── Available records
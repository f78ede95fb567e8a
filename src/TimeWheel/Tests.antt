-- ===== src/TimeWheel/Tests.antt =====
-- A connection on a new wheel with a timeout of one tick.
use wind_cloud_v.Shared.{◌≡◌, refl, true, false, [], ◌∷◌, none, arith}
use wind_cloud_v.Shared.Int.{pos}
use wind_cloud_v.TimeWheel.{
  Conns, TimeWheel, time_wheel_refresh, time_wheel_add, join_prev, time_wheel_tick,
}
use wind_cloud_v.TimeWheel.Slots.{IsLinked, absent}
use wind_cloud_v.TimeWheel.Unlink.{without}
use wind_cloud_v.TimeWheel.Wheel.{IsWheel, Lists, dropped}
use wind_cloud_v.TimeWheel.Tick.{fired, time_wheel_tick-fired}
use wind_cloud_v.TimeWheel.Refresh.{IsPlacedAt, pushed, time_wheel_refresh-IsWheel}

abbrev conns : Conns
conns c = record {
  fd = pos 7;
  ctx = record { user_id = pos 1; current_path = b'/' ∷ []; current_dir_id = 0 };
  expire_tick = 0;
  wheel_slot = pos 0;
  has_node = false;
  prev = none;
  next = none;
}

abbrev wheel : TimeWheel
wheel = record { slots = λ i. none; current_tick = 58; timeout_sec = 1 }

abbrev no_lists : Lists
no_lists i = []

new-IsWheel : IsWheel (wheel, conns) no_lists
unfolding IsLinked absent
new-IsWheel = record {
  slots = record { linked = λ i. refl; placed = λ i c h. absurd (ground (arith, h)) };
  held = λ c h. absurd (ground (arith, h));
}

time_wheel_refresh-IsWheel_example :
    IsPlacedAt 59 3 (dropped 3 no_lists) (time_wheel_refresh true 3 (wheel, conns))
time_wheel_refresh-IsWheel_example =
    time_wheel_refresh-IsWheel wheel conns no_lists new-IsWheel 3 true refl

abbrev refreshed : TimeWheel × Conns
refreshed = time_wheel_refresh true 3 (wheel, conns)

refreshed-IsWheel : IsWheel refreshed (pushed 59 3 (dropped 3 no_lists))
refreshed-IsWheel = (time_wheel_refresh-IsWheel wheel conns no_lists new-IsWheel 3 true refl).0

time_wheel_tick-fired_example : (time_wheel_tick 2 refreshed).0 ≡ 3 ∷ []
unfolding time_wheel_refresh time_wheel_add join_prev fired without
time_wheel_tick-fired_example =
    time_wheel_tick-fired 2 refreshed.0 refreshed.1 (pushed 59 3 (dropped 3 no_lists))
      refreshed-IsWheel (omega arith)
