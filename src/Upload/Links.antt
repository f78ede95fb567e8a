-- ===== src/Upload/Links.antt =====
-- finish_upload_db_work: what it leaves alone, and the reference counts.
use wind_cloud_v.Shared.{ℕ, ◌≡◌, refl, ◌∙◌, Bool, true, false, Option, none, some, arith}
use wind_cloud_v.Shared.Int.{ℤ}
use wind_cloud_v.Shared.Text.{Bytes}
use wind_cloud_v.Identity.{Config}
use wind_cloud_v.Vfs.{Backend, Db, dao_create_file_node, insert_node, dao_get_node_by_path}
use wind_cloud_v.Vfs.Entities.{ClientContext}
use wind_cloud_v.FileTable.{
  dao_file_find_by_sha256, dao_file_insert, dao_file_add_ref_count, dao_file_source_upsert,
}
use wind_cloud_v.Upload.{
  create_user_file_link, add_own_source, link_recorded, link_uploaded, finish_upload_db_work,
  check_store_file_ready,
}

module _ (b : Backend) (config : Config) (ctx : ClientContext) (full_path name : Bytes) where
  pub create_user_file_link-store :
      (file : ℕ) (need_add_ref : Bool) (db : Db)
      → (create_user_file_link b ctx full_path name file need_add_ref db).1.store ≡ db.store
  unfolding create_user_file_link dao_create_file_node insert_node dao_file_add_ref_count
  create_user_file_link-store file need_add_ref db = ground arith

  add_own_source-store :
      (file : ℕ) (r : Bool × Db) → (add_own_source b config file r).1.store ≡ r.1.store
  unfolding add_own_source dao_file_source_upsert
  add_own_source-store file (true, db) = ground arith
  add_own_source-store file (false, db) = refl

  link_recorded-store :
      (r : Option (ℕ × ℤ) × Db) → (link_recorded b config ctx full_path name r).1.store ≡ r.1.store
  unfolding link_recorded
  link_recorded-store (none, db) = refl
  link_recorded-store (some (file, _), db) =
      add_own_source-store file (create_user_file_link b ctx full_path name file true db)
      ∙ create_user_file_link-store file true db

  dao_file_insert-store :
      (hash : Bytes) (size : ℤ) (db : Db) → (dao_file_insert b hash size db).1.store ≡ db.store
  unfolding dao_file_insert dao_file_find_by_sha256
  dao_file_insert-store hash size db = ground arith

  link_uploaded-store :
      (hash : Bytes) (r : Option ℕ × Db)
      → (link_uploaded b config ctx full_path name hash r).1.store ≡ r.1.store
  unfolding link_uploaded dao_file_find_by_sha256
  link_uploaded-store hash (some file, db) =
      add_own_source-store file (create_user_file_link b ctx full_path name file false db)
      ∙ create_user_file_link-store file false db
  link_uploaded-store hash (none, db) = link_recorded-store (dao_file_find_by_sha256 b hash db)

  pub finish_upload_db_work-store :
      (hash : Bytes) (size : ℤ) (db : Db)
      → (finish_upload_db_work b config ctx full_path name hash size db).1.store ≡ db.store
  unfolding finish_upload_db_work
  finish_upload_db_work-store hash size db =
      link_uploaded-store hash (dao_file_insert b hash size db) ∙ dao_file_insert-store hash size db

module _ (b : Backend) where
  pub check_store_file_ready-store :
      (hash : Bytes) (expected : ℤ) (db : Db)
      → (check_store_file_ready b hash expected db).2.store ≡ db.store
  unfolding check_store_file_ready
  check_store_file_ready-store hash expected db = ground arith

  pub dao_get_node_by_path-store :
      (user : ℤ) (path : Bytes) (db : Db) → (dao_get_node_by_path b user path db).1.store ≡ db.store
  unfolding dao_get_node_by_path
  dao_get_node_by_path-store user path db = ground arith

  pub dao_get_node_by_path-files :
      (user : ℤ) (path : Bytes) (db : Db) → (dao_get_node_by_path b user path db).1.files ≡ db.files
  unfolding dao_get_node_by_path
  dao_get_node_by_path-files user path db = ground arith
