-- ===== src/Upload/Settled.antt =====
-- The last stages of handle_puts, for a client that goes on where the stored file ends.
use wind_cloud_v.Shared.{
  not, ◌||◌, ℕ, zero, suc, ◌+◌, ◌-◌, ◌≤◌, ◌<◌, ◌≡◌, refl, ap, ◌∙◌, ◌⊎◌, inl, inr, Bool, true, false,
  List, [], ◌∷◌, ◌++◌, append-nil, append_assoc, arith, ltb, ◌==◌, if◌then◌else◌, length,
  length-append, length-take, length-replicate, replicate, take, drop, Bool-cases,
}
use wind_cloud_v.Shared.Text.{Bytes, str_eq_refl, take_all, is_empty}
use wind_cloud_v.Protocol.{c_string}
use wind_cloud_v.Protocol.Stream.{IsBounded, NeverFails, Outcome, done, failed, stuck}
use wind_cloud_v.Protocol.Stream.Complete.{take-add, take-append}
use wind_cloud_v.Identity.{Config}
use wind_cloud_v.Vfs.{Backend, Db, tick}
use wind_cloud_v.Vfs.Entities.{ClientContext, write_name}
use wind_cloud_v.Upload.{
  PutsReply, message, packet, completed, saved_progress, finish_upload_db_work, Upload, UploadLink,
  large_file_mmap_threshold,
}
use wind_cloud_v.Upload.Receive.{
  resize, Sink, file_sink, map_sink, receive_content, content_of, put_content,
}
use wind_cloud_v.Upload.Links.{finish_upload_db_work-store}
use wind_cloud_v.Upload.Content.{
  IsSink, NeverRefuses, filled, Filled, receive_content-Filled, file_sink-IsSink, map_sink-IsSink,
  file_sink-NeverRefuses, map_sink-NeverRefuses, take-take,
}
use wind_cloud_v.Upload.Handler.{
  truncate_stored, record_upload, settle_upload, receive_upload, extend_upload,
}

-- What the socket and the disk promise: no call moves more than it was asked to, and a write to the
-- disk goes on until it is done. A recv may fail at any time.
pub record IsReliable (link : UploadLink) : Type 0 where
  pub recvs_bounded : IsBounded link.recvs
  pub writes_bounded : (k : ℕ) → IsBounded (link.writes k)
  pub writes_succeed : (k : ℕ) → NeverFails (link.writes k)

-- The file with this hash holds the first bytes of `f`, and none else.
abbrev pub HoldsPrefix : Bytes → Bytes → Db → Type 0
HoldsPrefix hash f db = (n : ℕ) × (n ≤ length f) × (content_of hash db ≡ take n f)

-- The message, or the packet with the hash, by which a file that is stored already is answered.
unfoldable pub says_completed : List PutsReply → Bool
unfolding c_string
says_completed [] = false
says_completed (message completed ∷ _) = true
says_completed (message _ ∷ replies) = says_completed replies
says_completed (packet p ∷ replies) = not (is_empty (c_string p.hash)) || says_completed replies

-- A prefix of `f` is stored, and all of it where the client was told that it is complete.
abbrev pub IsUpheld : Bytes → Bytes → List PutsReply × Db → Type 0
IsUpheld hash f (replies, db) =
    HoldsPrefix hash f db × ((says_completed replies ≡ false) ⊎ (content_of hash db ≡ f))

pub put_content_lem :
    (hash content : Bytes) (db : Db) → content_of hash (put_content hash content db) ≡ content
unfolding put_content write_name
put_content_lem hash content db = rw (content_of, str_eq_refl hash) refl

pub length-prefix : (n : ℕ) (f : Bytes) → n ≤ length f → length (take n f) ≡ n
length-prefix n f h = omega (arith, length-take n f)

resize_cut : (n : ℕ) (s t : Bytes) → length s ≡ n → resize n (s ++ t) ≡ s
unfolding resize
resize_cut n s t e =
    let z : n - length (s ++ t) ≡ 0 = omega (arith, length-append s t) in
    rw (z, ← e, take-append s t) (append-nil s)

drop_all : (n : ℕ) (s : Bytes) → length s ≤ n → drop n s ≡ []
drop_all zero [] h = refl
drop_all zero (c ∷ s) h = absurd (omega arith)
drop_all (suc n) [] h = refl
drop_all (suc n) (c ∷ s) h = drop_all n s (omega arith)

-- A file of n bytes, extended.
module _ (n m : ℕ) (s : Bytes) (e : length s ≡ n) (h : n ≤ m) where
  length-resize : length (resize m s) ≡ m
  unfolding resize
  length-resize = omega (
    arith,
    length-append (take m s) (replicate (m - length s) 0),
    length-take m s,
    length-replicate {A = ℕ} (m - length s) 0,
  )

  take-resize : take n (resize m s) ≡ s
  unfolding resize
  take-resize =
      rw (take_all m s (omega arith), ← e, take-append s (replicate (m - length s) 0)) refl

filled-prefix :
    (n m : ℕ) (f old s : Bytes)
    → take n old ≡ take n f
    → take m s ≡ take m (drop n f)
    → filled n old s m ≡ take (n + m) f ++ drop (n + m) old
unfolding filled
filled-prefix n m f old s e d =
    rw (e, d, take-add n m f, append_assoc (take n f) (take m (drop n f)) (drop (n + m) old)) refl

module _ (b : Backend) (works : (k : ℕ) → b.fails k ≡ false) (config : Config) (link : UploadLink)
    (ctx : ClientContext) (u : Upload) (f : Bytes) where
  pub record_upload-IsUpheld :
      (db : Db) → content_of u.stored db ≡ f → IsUpheld u.stored f (record_upload b config ctx u db)
  unfolding record_upload
  record_upload-IsUpheld db e =
      let kept = finish_upload_db_work-store b config ctx u.full_path u.name u.hash u.size db in
      let held : content_of u.stored
            (finish_upload_db_work b config ctx u.full_path u.name u.hash u.size db).1
          ≡ f =
        rw (content_of, kept) e in
      ((length f, omega arith, rw (held, take_all (length f) f (omega arith)) refl), inr held)

  truncate_stored-eq :
      (n : ℕ) (db : Db)
      → truncate_stored b u.stored n db
        ≡ put_content u.stored (resize n (content_of u.stored db)) (tick db)
  unfolding truncate_stored
  truncate_stored-eq n db = rw (works db.calls) refl

  settle_upload-end :
      (n remaining k : ℕ) (content : Bytes) (db : Db)
      → ltb k remaining ≡ false
      → settle_upload b config ctx u n remaining (done, k, content) db
        ≡ record_upload b config ctx u (put_content u.stored content db)
  unfolding settle_upload
  settle_upload-end n remaining k content db h = rw h refl

  settle_upload-cut :
      (n remaining k : ℕ) (content : Bytes) (db : Db)
      → ltb k remaining ≡ true
      → settle_upload b config ctx u n remaining (done, k, content) db ≡ (
        message saved_progress ∷ [],
        put_content u.stored
            (resize (n + k) (content_of u.stored (put_content u.stored content db)))
            (tick (put_content u.stored content db)),
      )
  unfolding settle_upload
  settle_upload-cut n remaining k content db h =
      rw (h, truncate_stored-eq (n + k) (put_content u.stored content db)) refl

  -- All of `f` is stored, and the tables are next; or fewer bytes came, and those are kept.
  abbrev pub Settled : ℕ → Bytes → List PutsReply × Db → Db → Type 0
  Settled n content r db =
      (r ≡ record_upload b config ctx u (put_content u.stored f db))
      ⊎ ((k : ℕ) × (n + k < length f)
          × (r ≡ (
            message saved_progress ∷ [],
            put_content u.stored (take (n + k) f) (tick (put_content u.stored content db)),
          ))
          × (¬ NeverFails link.recvs ⊎ (length link.incoming < length f - n)))

  settle_upload-Settled :
      (sink : Sink) (n : ℕ) (old : Bytes) (r : Outcome × ℕ × Bytes) (db : Db) (m : ℕ)
      → n ≤ length f
      → NeverRefuses sink
      → length old ≡ length f
      → take n old ≡ take n f
      → link.incoming ≡ take m (drop n f)
      → Filled sink link.recvs n (length f - n) old link.incoming r
      → Settled n r.2 (settle_upload b config ctx u n (length f - n) r db) db
  settle_upload-Settled sink n old (done, k, content) db m h nr l e i (j, c, x) =
      let short : k ≤ m = omega (arith, ap (length {A = ℕ}) i, length-take m (drop n f)) in
      let same : take k link.incoming ≡ take k (drop n f) =
        rw (i, take-take k m (drop n f) short) refl in
      let shape : content ≡ take (n + k) f ++ drop (n + k) old =
        c ∙ filled-prefix n k f old link.incoming e same in
      elim x [
        | inl all ↦
            let end : n + k ≡ length f = omega arith in
            let stop : ltb k (length f - n) ≡ false = ground arith in
            let whole : content ≡ f =
              shape
              ∙ rw (end, take_all (length f) f (omega arith), drop_all (length f) old (omega arith))
                  (append-nil f) in
            inl (
              settle_upload-end n (length f - n) k content db stop
              ∙ ap (λ c. record_upload b config ctx u (put_content u.stored c db)) whole)
        | inr (less, why) ↦
            let go : ltb k (length f - n) ≡ true = ground arith in
            inr (
              k,
              omega arith,
              settle_upload-cut n (length f - n) k content db go
                  ∙ ap
                      (λ c. (
                        message saved_progress ∷ [],
                        put_content u.stored c (tick (put_content u.stored content db)),
                      ))
                      (ap (resize (n + k)) (put_content_lem u.stored content db ∙ shape)
                        ∙ resize_cut (n + k) (take (n + k) f) (drop (n + k) old)
                            (length-prefix (n + k) f (omega arith))),
              why,
            )
      ]
  settle_upload-Settled sink n old (failed, k, content) db m h nr l e i p = absurd (p.4 nr)
  settle_upload-Settled sink n old (stuck, k, content) db m h nr l e i p = absurd p

  module _ (reliable : IsReliable link) where
    sink_of : ℕ → Sink
    unfolding file_sink map_sink
    sink_of size = if ltb large_file_mmap_threshold size then map_sink else file_sink link.writes

    sink_of-cases :
        (P : Sink → Type 0) (size : ℕ) → P map_sink → P (file_sink link.writes) → P (sink_of size)
    unfolding sink_of
    sink_of-cases P size x y = elim (Bool-cases (ltb large_file_mmap_threshold size)) [
      | inl e ↦ rw (sink_of, e) x
      | inr e ↦ rw (sink_of, e) y
    ]

    receive_upload-eq :
        (n : ℕ) (db : Db)
        → receive_upload b config link ctx u (length f) n db
          ≡ settle_upload b config ctx u n
              (length f - n)
              (receive_content
                (sink_of (length f))
                link.recvs
                n
                (length f - n)
                (content_of u.stored db)
                link.incoming)
              (tick db)
    unfolding receive_upload sink_of
    receive_upload-eq n db = rw (works db.calls) refl

    receive_upload-Settled :
        (n m : ℕ) (db : Db)
        → n ≤ length f
        → length (content_of u.stored db) ≡ length f
        → take n (content_of u.stored db) ≡ take n f
        → link.incoming ≡ take m (drop n f)
        → (content : Bytes) × Settled n content
            (receive_upload b config link ctx u (length f) n db)
            (tick db)
    receive_upload-Settled n m db h l e i =
        let r =
          receive_content (sink_of (length f)) link.recvs n (length f - n) (content_of u.stored db)
            link.incoming in
        (
          r.2,
          rw (receive_upload-eq n db) (
              settle_upload-Settled (sink_of (length f)) n (content_of u.stored db) r (tick db) m h
                (sink_of-cases NeverRefuses (length f) map_sink-NeverRefuses (
                  file_sink-NeverRefuses link.writes reliable.writes_bounded
                    reliable.writes_succeed))
                l e i
                (receive_content-Filled (sink_of (length f)) link.recvs n (length f - n)
                  (content_of u.stored db) link.incoming
                  (sink_of-cases IsSink (length f) map_sink-IsSink
                    (file_sink-IsSink link.writes reliable.writes_bounded))
                  reliable.recvs_bounded (omega arith))),
        )

    extend_upload-eq :
        (n : ℕ) (db : Db)
        → n < length f
        → content_of u.stored db ≡ take n f
        → extend_upload b config link ctx u (length f) n db
          ≡ receive_upload b config link ctx u
              (length f)
              n
              (put_content u.stored (resize (length f) (take n f)) (tick db))
    unfolding extend_upload
    extend_upload-eq n db h e =
        let filled : (length f == 0) ≡ false = ground arith in rw (works db.calls, filled, e) refl

    pub extend_upload-Settled :
        (n m : ℕ) (db : Db)
        → n < length f
        → content_of u.stored db ≡ take n f
        → link.incoming ≡ take m (drop n f)
        → (content : Bytes) × (db' : Db) × (db'.paths ≡ db.paths)
          × (db'.files ≡ db.files)
          × Settled n content (extend_upload b config link ctx u (length f) n db) db'
    unfolding put_content
    extend_upload-Settled n m db h e i =
        let size = length-prefix n f (omega arith) in
        let db' = put_content u.stored (resize (length f) (take n f)) (tick db) in
        let held : content_of u.stored db' ≡ resize (length f) (take n f) =
          put_content_lem u.stored (resize (length f) (take n f)) (tick db) in
        let p =
          receive_upload-Settled n m db' (omega arith)
            (rw held (length-resize n (length f) (take n f) size (omega arith)))
            (rw held (take-resize n (length f) (take n f) size (omega arith))) i in
        (p.0, tick db', refl, refl, rw (extend_upload-eq n db h e) p.1)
────
Problem description:
Where in the records does the word "IsBounded" appear? Copy each line that holds it.

Response:
use wind_cloud_v.Protocol.Stream.{IsBounded, NeverFails, Outcome, done, failed, stuck}
  pub recvs_bounded : IsBounded link.recvs
  pub writes_bounded : (k : ℕ) → IsBounded (link.writes k)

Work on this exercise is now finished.